2. "2. price and unit price *indicated  *(or* presented*) in the manner *set out* in sections 7-10 of the Price Information Act (2004: 347)"

Here "*in the manner set out "* is a translation of "*på det sätt som framgår av*"_


----------



## Matron

Ben Jamin said:


> Hello,
> I am not an expert in Swedish, and I understand Swedish based on my fluency in Norwegian, and on having read a considerable number of texts and documents in Swedish.
> 
> My proposal is:
> 1.  "_Marketing is misleading if in a representation the trader offers consumers a specific product with a stated/quoted price without
> *revealing* the following material information:" I suppose also that *revealing* can be replaced by *presenting*.
> 
> 2. "2. price and unit price *indicated  *(or* presented*) in the manner *set out* in sections 7-10 of the Price Information Act (2004: 347)"
> 
> Here "*in the manner set out "* is a translation of "*på det sätt som framgår av*"_



Thanks Ben - much appreciated - so you don't think "clearly" should be used here?


----------



## Ben Jamin

Matron said:


> Thanks Ben - much appreciated - so you don't think "clearly" should be used here?

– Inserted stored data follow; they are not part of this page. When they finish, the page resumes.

-- ===== src/Dtls/Path/Receive.antt =====
-- receive and tick of internal/dtls13/path.go, and what receive of internal/dtls13/session.go does
-- with a record for the path.
use socat.Dtls.Record.{content_rrc, RecordNumber}
use socat.Dtls.Protection.{same}
use socat.Dtls.Error.{unexpected_message, decode, Result, Error}
use socat.Dtls.Path.{
  send_message, path_challenge, uint64, path_drop, path_response, observe, start_basic,
  is_candidate_phase, Sent, PacketPath, PathState, add_credit, PathProbe, same_path,
}
use socat.Prelude.{
  ◌*◌, ◌||◌, get_or, ltb, not, drop, [], length, some, ◌==◌, none, ◌∷◌, Bytes, ◌+◌, Option,
  if◌then◌else◌, List, Bool, ℕ,
}

-- The credit of a challenge from the candidate.
unfoldable pub credit_probe : Option PathProbe → PacketPath → ℕ → PathState → PathState
unfolding same_path add_credit
credit_probe none from size p = p
credit_probe (some b) from size p =
    if same_path from b.candidate then record p { probe = some (add_credit size b) } else p

unfoldable pub credit_candidate : PacketPath → ℕ → PathState → PathState
unfolding credit_probe
credit_candidate from size p = credit_probe p.probe from size p

-- The path that has to answer the challenge of a probe.
abbrev pub expected_path : PathProbe → PathState → PacketPath
expected_path b p = if is_candidate_phase b.phase then b.candidate else p.peer

-- The probe was answered: its candidate, if this was validated, becomes the peer.
unfoldable pub finish_probe : PathProbe → PathState → PathState
finish_probe b p =
    if is_candidate_phase b.phase
    then record p {
      peer = b.candidate;
      session = record (p.session) { peer_cid = b.cid; restarts = p.session.restarts + 1 };
      changes = b.candidate ∷ p.changes;
      probe = none;
    }
    else record p { probe = none }

-- What a record or the passing of time does to the path; `random` is drawn at most once for each
-- of observe and receive.
pub data PathEvent : Type 0 where
  arrives :
      (from : PacketPath) (number : RecordNumber) (typ : ℕ) (body : Bytes) (size now : ℕ)
      (random random' : Result Bytes)
      → PathEvent
  passes : (now : ℕ) (random : Result Bytes) → PathEvent

module _ (allow : ℕ → Bool) (answer : List Sent → Option Error) where
  unfoldable pub respond : PacketPath → Bytes → ℕ → PathState → Option Error × PathState
  unfolding credit_candidate send_message
  respond from body size p =
      let typ = if from.local == p.peer.local then path_response else path_drop in
      send_message allow answer from typ (drop 1 body) (uint64 (3 * size))
        (credit_candidate from size p)

  -- A response or a drop whose cookie and path are those of the probe, in time.
  unfoldable pub answered : PathProbe → ℕ → ℕ → Result Bytes → PathState → Option Error × PathState
  unfolding finish_probe start_basic
  answered b typ now random p =
      if typ == path_drop
      then (if is_candidate_phase b.phase
          then (none, p)
          else start_basic allow answer b now random p)
      else (none, finish_probe b p)

  unfoldable pub check_answer :
      Option PathProbe
      → PacketPath
      → Bytes
      → ℕ
      → Result Bytes
      → PathState
      → Option Error × PathState
  unfolding answered same same_path
  check_answer none from body now random p = (none, p)
  check_answer (some b) from body now random p =
      if not (same (drop 1 body) b.cookie)
        || (not (ltb now b.deadline) || not (same_path from (expected_path b p)))
      then (none, p)
      else answered b (get_or body 0 0) now random p

  unfoldable pub receive :
      PacketPath → Bytes → ℕ → ℕ → Result Bytes → PathState → Option Error × PathState
  unfolding respond check_answer
  receive from body size now random p =
      if length body == 0
      then (some decode, p)
      else if ltb path_drop (get_or body 0 0)
      then (none, p)
      else if not (length body == 9)
      then (some decode, p)
      else if get_or body 0 0 == path_challenge
      then respond from body size p
      else check_answer p.probe from body now random p

  unfoldable pub tick_probe :
      Option PathProbe → ℕ → Result Bytes → PathState → Option Error × PathState
  unfolding start_basic
  tick_probe none now random p = (none, p)
  tick_probe (some b) now random p =
      if ltb now b.deadline
      then (none, p)
      else if is_candidate_phase b.phase
      then (none, record p { probe = none })
      else start_basic allow answer b now random p

  unfoldable pub tick : ℕ → Result Bytes → PathState → Option Error × PathState
  unfolding tick_probe
  tick now random p = tick_probe p.probe now random p

  -- The case of contentRRC, unless observe failed; rrc and complete hold while there is a path.
  unfoldable pub after_observe :
      PacketPath
      → ℕ
      → ℕ
      → Bytes
      → ℕ
      → ℕ
      → Result Bytes
      → Option Error × PathState
      → Option Error × PathState
  unfolding receive
  after_observe from epoch typ body size now random (some e, p) = (some e, p)
  after_observe from epoch typ body size now random (none, p) =
      if not (typ == content_rrc)
      then (none, p)
      else if ltb epoch 3
      then (some unexpected_message, p)
      else receive from body size now random p

  unfoldable pub on_event : PathEvent → PathState → Option Error × PathState
  unfolding observe after_observe tick
  on_event (arrives from number typ body size now random random') p =
      after_observe from number.epoch typ body size now random'
        (observe allow answer from number typ size now random p)
  on_event (passes now random) p = tick now random p

  -- The state after some events, whatever they return.
  unfoldable pub run_events : List PathEvent → PathState → PathState
  unfolding on_event
  run_events [] p = p
  run_events (e ∷ es) p = run_events es (on_event e p).1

I think "clearly" is optional; it does not occur in the original text, but may have been used by the translator to strengthen the message


----------



## Matron

Ben Jamin said:


> I think "clearly" is optional; it does not occur in the original text, but may have been used by the translator to strengthen the message



Many thanks...


----------



## Swedish Anna

Ord.se gives the follwing translation of _framgå_: "be clear (evident)".


----------



## Matron

Swedish Anna said:


> Ord.se gives the follwing translation of _framgå_: "be clear (evident)".



Thanks again Anna... I have kept it in my translation...


----------



## MattiasNYC

I know I'm late to the party, but I actually disagree here.

To me "_framgå"_ might be translated as above, but I see enough examples in Swedish of it being accompanied by an adverb like "tydligt" that I really think it is more often perceived as "presented" or something similar.  I'd also probably gravitate towards "relevant" more so than "material" in Ben's translation, but that may be more of an English question.


----------



## Matron

MattiasNYC said:


> I know I'm late to the party, but I actually disagree here.
> 
> To me "_framgå"_ might be translated as above, but I see enough examples in Swedish of it being accompanied by an adverb like "tydligt" that I really think it is more often perceived as "presented" or something similar.  I'd also probably gravitate towards "relevant" more so than "material" in Ben's translation, but that may be more of an English question.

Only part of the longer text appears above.